(Collected data entries)
****************************************
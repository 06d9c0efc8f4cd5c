-- ===== src/Backend/Results.antt =====
-- `_process_result`, `receive_result` and `sync_batch` (backend/app.py): a device's recognitions
-- become attendance logs.
pub mod Marks
pub mod Resend
pub mod NoVectors
use frass_f.Base.{
  ℕ, suc, ◌+◌, ◌-◌, Bool, true, false, not, ◌||◌, ◌&&◌, Option, none, some, List, [], ◌∷◌, ◌++◌,
  Text, text, text_eq, Dict, get, put, lookup, is_empty, any, length, ltb, ◌==◌, if◌then◌else◌,
}
use frass_f.Base.Int.{ℤ, ltb_ℤ}
use frass_f.Backend.State.{
  Backend, Device, User, AttendanceLog, Env, Config, seconds, load_embeddings,
}
use frass_f.Backend.Replay.{check_replay}
use frass_f.Backend.Match.{Engine, match_embedding, embedding_quality}

-- A result as JSON, with the default of each key that is missing; `embedding` is `none` where it is
-- missing or empty.
pub record Result (E : Type 0) : Type 0 where
  pub embedding : Option E
  pub liveness_score : ℤ
  pub timestamp : Option ℕ
  pub is_live : Bool
  pub nonce : Text

pub data Reply : Type 0 where
  liveness_failed : Reply
  low_quality : ℤ → Reply
  unknown : ℤ → Reply
  duplicate : ℕ → ℤ → Reply
  marked : ℕ → Text → ℤ → Reply

abbrev pub name_of : Option User → Text
name_of none = text "Unknown"
name_of (some u) = u.name

abbrev pub nonce_is : Text → Option Text → Bool
nonce_is n none = false
nonce_is n (some m) = text_eq m n

-- The unique index on `attendance_logs.nonce`, which NULL never violates.
unfoldable pub nonce_logged : Text → List AttendanceLog → Bool
nonce_logged n = any (λ l. nonce_is n l.nonce)

-- A log of the user that is later than `now` less the cooldown.
unfoldable pub recent : ℕ → ℕ → ℕ → List AttendanceLog → Bool
recent user_id cooldown now = any (λ l. l.user_id == user_id && ltb now (l.timestamp + cooldown))

abbrev pub new_log : {E : Type 0} → Result E → Text → ℕ → ℕ → ℤ → AttendanceLog
new_log result device_id dt user_id confidence = record {
  user_id = user_id;
  device_id = device_id;
  timestamp = dt;
  confidence = confidence;
  liveness_score = result.liveness_score;
  status = text "present";
  nonce = some result.nonce;
}

-- `data.get('timestamp', time.time())`
abbrev pub dt_of : Option ℕ → ℕ → ℕ
dt_of none now = now
dt_of (some t) now = t

pub data Response : Type 0 where
  device_id_required unknown_device replay_detected server_error : Response
  ok : Reply → Response

abbrev pub tally : ℕ → Bool → ℕ
tally n true = suc n
tally n false = n

-- A branch on what a call of the program returned beside the new state; a raise ends the request.
abbrev pub or_raise : {S A B : Type 0} → Option A × S → (A → S → Option B × S) → Option B × S
or_raise (none, s) k = (none, s)
or_raise (some a, s) k = k a s

-- `device.last_seen = dt`, where there is such a device.
abbrev pub seen_at : {C : Type 0} → ℕ → Option (Device C) → Text → Dict (Device C) → Dict (Device C)
seen_at dt none device_id devices = devices
seen_at dt (some d) device_id devices = put device_id (record d { last_seen = some dt }) devices

module _ {C E : Type 0} where
  -- The log is added and the device is seen. The commit raises (`none`), and the transaction is
  -- rolled back, where the nonce is in the table already.
  unfoldable pub add_log : Result E → Text → ℕ → ℕ → ℤ → Backend C E → Option Reply × Backend C E
  unfolding nonce_logged
  add_log result device_id dt user_id confidence b =
      if nonce_logged result.nonce b.logs then (none, b) else (
        some (marked user_id (name_of (lookup user_id b.users)) confidence),
        record b {
          logs = b.logs ++ (new_log result device_id dt user_id confidence ∷ []);
          devices = seen_at dt (get device_id b.devices) device_id b.devices;
        },
      )

  abbrev pub respond : Option Reply × Backend C E → Response × Backend C E
  respond (none, b) = (server_error, b)
  respond (some r, b) = (ok r, b)

module _ {C E : Type 0} (K : Engine E) (cfg : Config) where
  -- From the answer of the matching on.
  unfoldable pub after_match :
      Result E → Text → Env → Option (Option ℕ × ℤ) × Backend C E → Option Reply × Backend C E
  unfolding add_log recent
  after_match result device_id env (none, b) = (none, b)
  after_match result device_id env (some (none, confidence), b) = (some (unknown confidence), b)
  after_match result device_id env (some (some user_id, confidence), b) =
      if recent user_id cfg.dedup_cooldown env.now b.logs
      then (some (duplicate user_id confidence), b)
      else add_log result device_id (dt_of result.timestamp env.now) user_id confidence b

  abbrev pub process_embedding :
      Result E → Option E → Text → Env → Backend C E → Option Reply × Backend C E
  process_embedding result none device_id env b = (some liveness_failed, b)
  process_embedding result (some query) device_id env b =
      if not result.is_live
      then (some liveness_failed, b)
      else if ltb_ℤ (embedding_quality K query) cfg.min_embedding_quality
      then (some (low_quality (embedding_quality K query)), b)
      else after_match result device_id env
          (match_embedding K env.load_fails cfg.recognition_threshold query b)

  -- `_process_result`; `none`: it raises, and the request ends with status 500.
  unfoldable pub process_result : Result E → Text → Env → Backend C E → Option Reply × Backend C E
  unfolding after_match
  process_result result device_id env b = process_embedding result result.embedding device_id env b

  abbrev pub checked : Result E → Text → Env → Bool × Backend C E → Response × Backend C E
  checked result device_id env (false, b) = (replay_detected, b)
  checked result device_id env (true, b) = respond (process_result result device_id env b)

  abbrev pub from_device :
      Option (Device C) → Result E → Text → Env → Backend C E → Response × Backend C E
  from_device none result device_id env b = (unknown_device, b)
  from_device (some d) result device_id env b =
      if is_empty result.nonce
      then respond (process_result result device_id env b)
      else checked result device_id env (check_replay result.nonce device_id env b)

  -- `receive_result`; a `device_id` that is missing is the empty text.
  unfoldable pub receive_result : Result E → Text → Env → Backend C E → Response × Backend C E
  receive_result result device_id env b =
      if is_empty device_id
      then (device_id_required, b)
      else from_device (get device_id b.devices) result device_id env b

  abbrev pub admitted : Result E → Text → Env → Bool × Backend C E → Option Bool × Backend C E
  admitted result device_id env (false, b) = (some false, b)
  admitted result device_id env (true, b) =
      or_raise (process_result result device_id env b) (λ reply b'. (some true, b'))

  -- The body of the loop of `sync_batch`: whether the result counts as processed.
  unfoldable pub sync_one : Result E → Text → Env → Backend C E → Option Bool × Backend C E
  sync_one result device_id env b =
      if is_empty result.nonce
      then or_raise (process_result result device_id env b) (λ reply b'. (some true, b'))
      else admitted result device_id env (check_replay result.nonce device_id env b)

  -- The loop of `sync_batch`, with the environment of each turn: the number processed, or `none`
  -- where a turn raises and the request ends.
  unfoldable pub sync_loop : List (Result E × Env) → Text → ℕ → Backend C E → Option ℕ × Backend C E
  sync_loop [] device_id n b = (some n, b)
  sync_loop ((r, env) ∷ rs) device_id n b =
      or_raise (sync_one r device_id env b) (λ c b'. sync_loop rs device_id (tally n c) b')

  -- `sync_batch`: the numbers `processed` and `total`.
  unfoldable pub sync_batch :
      List (Result E × Env) → Text → Backend C E → Option (ℕ × ℕ) × Backend C E
  unfolding sync_loop
  sync_batch rs device_id b =
      or_raise (sync_loop rs device_id 0 b) (λ n b'. (some (n, length rs), b'))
****************************************
• Aim of the exercise
Set down, unchanged, only those lines above that fall between the line with "pub is_live : Bool" and the line with "recent user_id cooldown", the two end lines included.

• Completed task
  pub is_live : Bool
  pub nonce : Text

pub data Reply : Type 0 where
  liveness_failed : Reply
  low_quality : ℤ → Reply
  unknown : ℤ → Reply
  duplicate : ℕ → ℤ → Reply
  marked : ℕ → Text → ℤ → Reply

abbrev pub name_of : Option User → Text
name_of none = text "Unknown"
name_of (some u) = u.name

abbrev pub nonce_is : Text → Option Text → Bool
nonce_is n none = false
nonce_is n (some m) = text_eq m n

-- The unique index on `attendance_logs.nonce`, which NULL never violates.
unfoldable pub nonce_logged : Text → List AttendanceLog → Bool
nonce_logged n = any (λ l. nonce_is n l.nonce)

-- A log of the user that is later than `now` less the cooldown.
unfoldable pub recent : ℕ → ℕ → ℕ → List AttendanceLog → Bool
recent user_id cooldown now = any (λ l. l.user_id == user_id && ltb now (l.timestamp + cooldown))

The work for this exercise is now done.